En büyük sorun, bölge ile birlikte olanlardan biriydi. Dönüştürülebilen ve böylece klavye ve tüm bu bağlantı noktaları dahil, bağımsız bir tabletten sadece daha ağır. 3, 4 pound, 12, 2 inç ekrana sahip Samsung Galaxy Note Pro'nun iki katı ağırlığında ve iPad Air'in ağırlığının üç katından daha fazla. Sonuç olarak, kucağınızda uzun süre tutmak zor.

Ve elbette, iPad'ler veya Android tabletler için olduğu kadar Windows için de gerçek bir tablet uygulaması yok, ancak son zamanlarda çok sayıda dergi uygulamasıyla daha mutlu oldum (vb. çok sayıda eski Windows uygulaması). Yani, tipik bir tüketici için, hafif bir dizüstü bilgisayar ve hafif bir tablet ile daha mutlu olabilirsiniz.

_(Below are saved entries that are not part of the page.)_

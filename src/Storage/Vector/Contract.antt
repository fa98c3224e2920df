-- ===== src/Storage/Vector/Contract.antt =====
-- A sealed vector keeps the storage contract.
use negentropy.Prelude.{
  Bool-cases, inl, inr, suc, ℕ, ◌+◌, ◌-◌, ◌≤◌, ◌≡◌, refl, ap, sym, ◌∙◌, Bool, true, false, Bytes,
  IsByte, IsU64, List, [], ◌∷◌, ◌++◌, length, slice, take, drop, ◌<◌, ◌⊎◌, zero, none, All,
  All-append, get_elem?, some, arith, if◌then◌else◌, ◌==◌,
}
use negentropy.Prelude.Results.{Result, ok, err, Error}
use negentropy.Types.{Item, Bound, IsItem, make_item_ok, item_lt}
use negentropy.Storage.{Presents, IsAscending, walk, count_below}
use negentropy.Storage.Sorted.{walk-accum}
use negentropy.Accumulator.{accum_from, zero_accum, get_fingerprint}
use negentropy.Storage.Vector.Seal.{seal_sorts, seal_ok-IsAscending}
use mathlib.Core.Path.{subst}
use negentropy.Storage.Vector.{
  insert_sorted, sort, Vector, insert, seal, check_sealed, check_bounds, size, get_item, iterate,
  find_lower_bound, fingerprint, vector_storage, for_items, lower_bound, add_item, elem_at,
}

-- `insert` of a 32-byte id into an unsealed vector appends the item; any other id, and any insertion
-- into a sealed vector, is refused.
pub insert_outcome :
    (v : Vector) (t : ℕ) (id : Bytes)
    → insert v t id ≡ (
        if v.is_sealed
        then err Error.already_sealed
        else if length id == 32
        then ok (record v { items = v.items ++ (record { timestamp = t; id = id } ∷ []) })
        else err Error.bad_added_id)
unfolding insert
insert_outcome v t id = ground (arith, make_item_ok t id)

pub insert-IsItem :
    (v v' : Vector) (t : ℕ) (id : Bytes)
    → All IsItem v.items
    → IsU64 t
    → All IsByte id
    → insert v t id ≡ ok v'
    → All IsItem v'.items
insert-IsItem v v' t id h ht hb e = subst (All IsItem) (sym (grown.0)) (
    All-append IsItem v.items _ h
      (record { timestamp_fits = ht; id_full = grown.1; id_bytes = hb }, tt))
  where
    grown : (v'.items ≡ v.items ++ (record { timestamp = t; id = id } ∷ [])) × (length id ≡ 32)
    grown = ground (arith, insert_outcome v t id)

in_bounds : (v : Vector) (b e : ℕ) → b ≤ e → e ≤ length v.items → check_bounds v b e ≡ ok tt
unfolding check_bounds
in_bounds v b e h k = ground arith

-- what a sealed vector of sorted items answers
pub record IsReady (v : Vector) : Type 0 where
  pub sealed_now : v.is_sealed ≡ true
  pub sorted : IsAscending v.items
  pub valid : All IsItem v.items
  pub fits : IsU64 (length v.items)

pub insert_sorted-IsItem :
    (a : Item) (bs : List Item) → IsItem a → All IsItem bs → All IsItem (insert_sorted a bs)
unfolding insert_sorted
insert_sorted-IsItem a [] h k = (h, tt)
insert_sorted-IsItem a (b ∷ bs) h k = elim (Bool-cases (item_lt b a)) [
  | inl above ↦ rw above (k.0, insert_sorted-IsItem a bs h k.1)
  | inr first ↦ rw first (h, k)
]

sort-IsItem : (xs : List Item) → All IsItem xs → All IsItem (sort xs)
unfolding sort
sort-IsItem [] h = tt
sort-IsItem (x ∷ xs) h = insert_sorted-IsItem x (sort xs) h.0 (sort-IsItem xs h.1)

pub length-insert_sorted :
    (a : Item) (bs : List Item) → length (insert_sorted a bs) ≡ suc (length bs)
unfolding insert_sorted
length-insert_sorted a [] = refl
length-insert_sorted a (b ∷ bs) = ground (arith, length-insert_sorted a bs)

length-sort : (xs : List Item) → length (sort xs) ≡ length xs
unfolding sort
length-sort [] = refl
length-sort (x ∷ xs) = length-insert_sorted x (sort xs) ∙ ap suc (length-sort xs)

seal_sorted : (v : Vector) → v.is_sealed ≡ false → (seal v).0.items ≡ sort v.items
unfolding seal
seal_sorted v h = rw h

-- A vector of valid items that `seal` accepts is ready.
pub seal-IsReady :
    (v : Vector)
    → v.is_sealed ≡ false
    → All IsItem v.items
    → IsU64 (length v.items)
    → (seal v).1 ≡ ok tt
    → IsReady (seal v).0
seal-IsReady v h valid fits passed =
    let (_, done, _) = seal_sorts v h in
    record {
      sealed_now = done;
      sorted = seal_ok-IsAscending v h passed;
      valid = subst (All IsItem) (sym (seal_sorted v h)) (sort-IsItem v.items valid);
      fits = omega (arith, ap length (seal_sorted v h), length-sort v.items);
    }

-- the item at an index inside, and what is left behind it
elem-drop :
    (xs : List Item) (i : ℕ)
    → i < length xs
    → (it : Item) × (elem_at xs i ≡ ok it) × (drop i xs ≡ it ∷ drop (suc i) xs)
unfolding elem_at
elem-drop [] i h = absurd (omega (arith, h))
elem-drop (x ∷ xs) zero h = (x, refl, refl)
elem-drop (x ∷ xs) (suc i) h = elem-drop xs i (omega (arith, h))

-- The loop over indices is the walk over the items.
for_items-walk :
    {S : Type 0} (cb : Item → ℕ → S → S × Bool) (xs : List Item) (n i : ℕ) (s : S)
    → i + n ≤ length xs
    → for_items cb xs n i s ≡ ok (walk cb i (take n (drop i xs)) s)
unfolding for_items walk
for_items-walk cb xs zero i s h = refl
for_items-walk {S} cb xs (suc n) i s h =
    let (it, at, left) = elem-drop xs i (omega (arith, h)) in
    rw (at, left)
      (ap (λ (r : Result S). if (cb it i s).1 then r else ok (cb it i s).0)
          (for_items-walk cb xs n (suc i) (cb it i s).0 (omega (arith, h)))
        ∙ branch (cb it i s).1 (walk cb (suc i) (take n (drop (suc i) xs)) (cb it i s).0)
            (cb it i s).0)
  where
    branch : (b : Bool) (x y : S) → (if b then ok x else ok y) ≡ ok (if b then x else y)
    branch true x y = refl
    branch false x y = refl

-- The position found is behind the items below the value.
lower_bound-count_below :
    (xs : List Item) (value : Item) (n i : ℕ)
    → i + n ≤ length xs
    → lower_bound xs value n i ≡ ok (i + count_below value (take n (drop i xs)))
unfolding lower_bound count_below
lower_bound-count_below xs value zero i h = ap ok (omega arith)
lower_bound-count_below xs value (suc n) i h =
    let (it, at, left) = elem-drop xs i (omega (arith, h)) in
    let rest = lower_bound-count_below xs value n (suc i) (omega (arith, h)) in
    elim (Bool-cases (item_lt it value)) [
      | inl below ↦ rw (at, left, below) (rest ∙ ap ok (omega arith))
      | inr above ↦ rw (at, left, above) (ap ok (omega arith))
    ]

iterate_ready :
    (v : Vector) (S : Type 0) (cb : Item → ℕ → S → S × Bool) (b e : ℕ) (s : S)
    → IsReady v
    → b ≤ e
    → e ≤ length v.items
    → iterate v S cb b e s ≡ ok (walk cb b (slice b e v.items) s)
unfolding iterate check_sealed
iterate_ready v S cb b e s r h k =
    rw (in_bounds v b e h k, r.sealed_now)
      (for_items-walk cb v.items (e - b) b s (omega (arith, h, k)))

pub find_ready :
    (v : Vector) (b e : ℕ) (x : Bound)
    → IsReady v
    → b ≤ e
    → e ≤ length v.items
    → find_lower_bound v b e x ≡ ok (b + count_below x.item (slice b e v.items))
unfolding find_lower_bound check_sealed
find_ready v b e x r h k =
    rw (in_bounds v b e h k, r.sealed_now)
      (lower_bound-count_below v.items x.item (e - b) b (omega (arith, h, k)))

out_of_bounds :
    (v : Vector) (b e : ℕ)
    → (e < b) ⊎ (length v.items < e)
    → check_bounds v b e ≡ err Error.bad_range
unfolding check_bounds
out_of_bounds v b e h = ground (arith, h)

iterate_refused :
    (v : Vector) (S : Type 0) (cb : Item → ℕ → S → S × Bool) (b e : ℕ) (s : S)
    → IsReady v
    → (e < b) ⊎ (length v.items < e)
    → iterate v S cb b e s ≡ err Error.bad_range
unfolding iterate check_sealed
iterate_refused v S cb b e s r h = rw (out_of_bounds v b e h, r.sealed_now)

find_refused :
    (v : Vector) (b e : ℕ) (x : Bound)
    → IsReady v
    → (e < b) ⊎ (length v.items < e)
    → find_lower_bound v b e x ≡ err Error.bad_range
unfolding find_lower_bound check_sealed
find_refused v b e x r h = rw (out_of_bounds v b e h, r.sealed_now)

elem_beyond : (xs : List Item) (i : ℕ) → length xs ≤ i → get_elem? xs i ≡ none
elem_beyond [] i h = refl
elem_beyond (x ∷ xs) zero h = absurd (omega (arith, h))
elem_beyond (x ∷ xs) (suc i) h = elem_beyond xs i (omega (arith, h))

get_item_refused :
    (v : Vector) (i : ℕ)
    → IsReady v
    → length v.items ≤ i
    → get_item v i ≡ err Error.std_out_of_range
unfolding get_item check_sealed
get_item_refused v i r h = rw r.sealed_now (rw (elem_beyond v.items i h))

size_ready : (v : Vector) → IsReady v → size v ≡ ok (length v.items)
unfolding size check_sealed
size_ready v r = rw r.sealed_now

get_item_ready :
    (v : Vector) (i : ℕ) (it : Item)
    → IsReady v
    → get_elem? v.items i ≡ some it
    → get_item v i ≡ ok it
unfolding get_item check_sealed
get_item_ready v i it r h = rw r.sealed_now (rw h)

module _ (sha256 : Bytes → Bytes) where
  fingerprint_ready :
      (v : Vector) (b e : ℕ)
      → IsReady v
      → b ≤ e
      → e ≤ length v.items
      → fingerprint sha256 v b e
        ≡ ok (get_fingerprint sha256 (accum_from zero_accum (slice b e v.items)) (e - b))
  unfolding fingerprint
  fingerprint_ready v b e r h k =
      rw (iterate_ready v Bytes _ b e zero_accum r h k, walk-accum b (slice b e v.items) zero_accum)

  fingerprint_refused :
      (v : Vector) (b e : ℕ)
      → IsReady v
      → (e < b) ⊎ (length v.items < e)
      → fingerprint sha256 v b e ≡ err Error.bad_range
  unfolding fingerprint
  fingerprint_refused v b e r h = rw (iterate_refused v Bytes add_item b e zero_accum r h)

  -- A sealed vector of ascending valid items presents its items: inside, every operation of the storage
  -- interface answers as the contract says of the list of items, and every range and index outside it is
  -- refused.
  pub vector-Presents : (v : Vector) → IsReady v → Presents sha256 (vector_storage sha256 v) v.items
  unfolding vector_storage
  vector-Presents v r = record {
    sorted = r.sorted;
    valid = r.valid;
    size_fits = r.fits;
    size_lem = size_ready v r;
    get_item_lem = λ i it h. get_item_ready v i it r h;
    get_item_refused = λ i h. (Error.std_out_of_range, get_item_refused v i r h);
    iterate_refused = λ S cb b e s h. iterate_refused v S cb b e s r h;
    find_lower_bound_refused = λ b e x h. find_refused v b e x r h;
    fingerprint_refused = λ b e h. fingerprint_refused v b e r h;
    iterate_lem = λ S cb b e s h k. iterate_ready v S cb b e s r h k;
    find_lower_bound_lem = λ b e x h k. find_ready v b e x r h k;
    fingerprint_lem = λ b e h k. fingerprint_ready v b e r h k;
  }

Öte yandan, kendi tablet uygulamalarını (veya Microsoft'un şu an "evrensel" uygulamaları olarak nitelendirdiği uygulamaları) geliştiren kuruluşlar için, bunları çalıştırabilen bir makineye ve eski uygulamaları çalıştırmak büyük bir artı olabilir. Sonuçta, her iki şeyi de yapan bir yönetilen cihaza sahip olmak BT açısından daha uygundur. Ve çoğu kullanıcının (ben dahil) uzun belgelerle veya karmaşık elektronik tablolarla çalışmak için klavyeye ihtiyacı var.

Diğer "melezler" veya "ikisi bir arada" lerle karşılaştırıldığında (Intel şu an kategoriyi aradığı için), kendimi Yoga'yı çok sevdiğini düşünüyorum. Çıkarılabilir takılabilir klavyelere sahip tabletlerden daha hafiftir, ancak sonuçta hiçbir ödün vermeden iş dizüstü bilgisayarı gibi görünmektedir.

Sonuç olarak, kolayca Windows tablete geçebilecek bir iş dizüstü bilgisayarına ihtiyacınız varsa veya buna ihtiyaç duyarsanız, ThinkPad Yoga mükemmel bir seçimdir. Bu açıklamaya kaç kullanıcının uygun olduğu açık bir sorudur.

Daha fazla bilgi için PCMag’in ThinkPad Yoga’nın tam incelemesine bakın.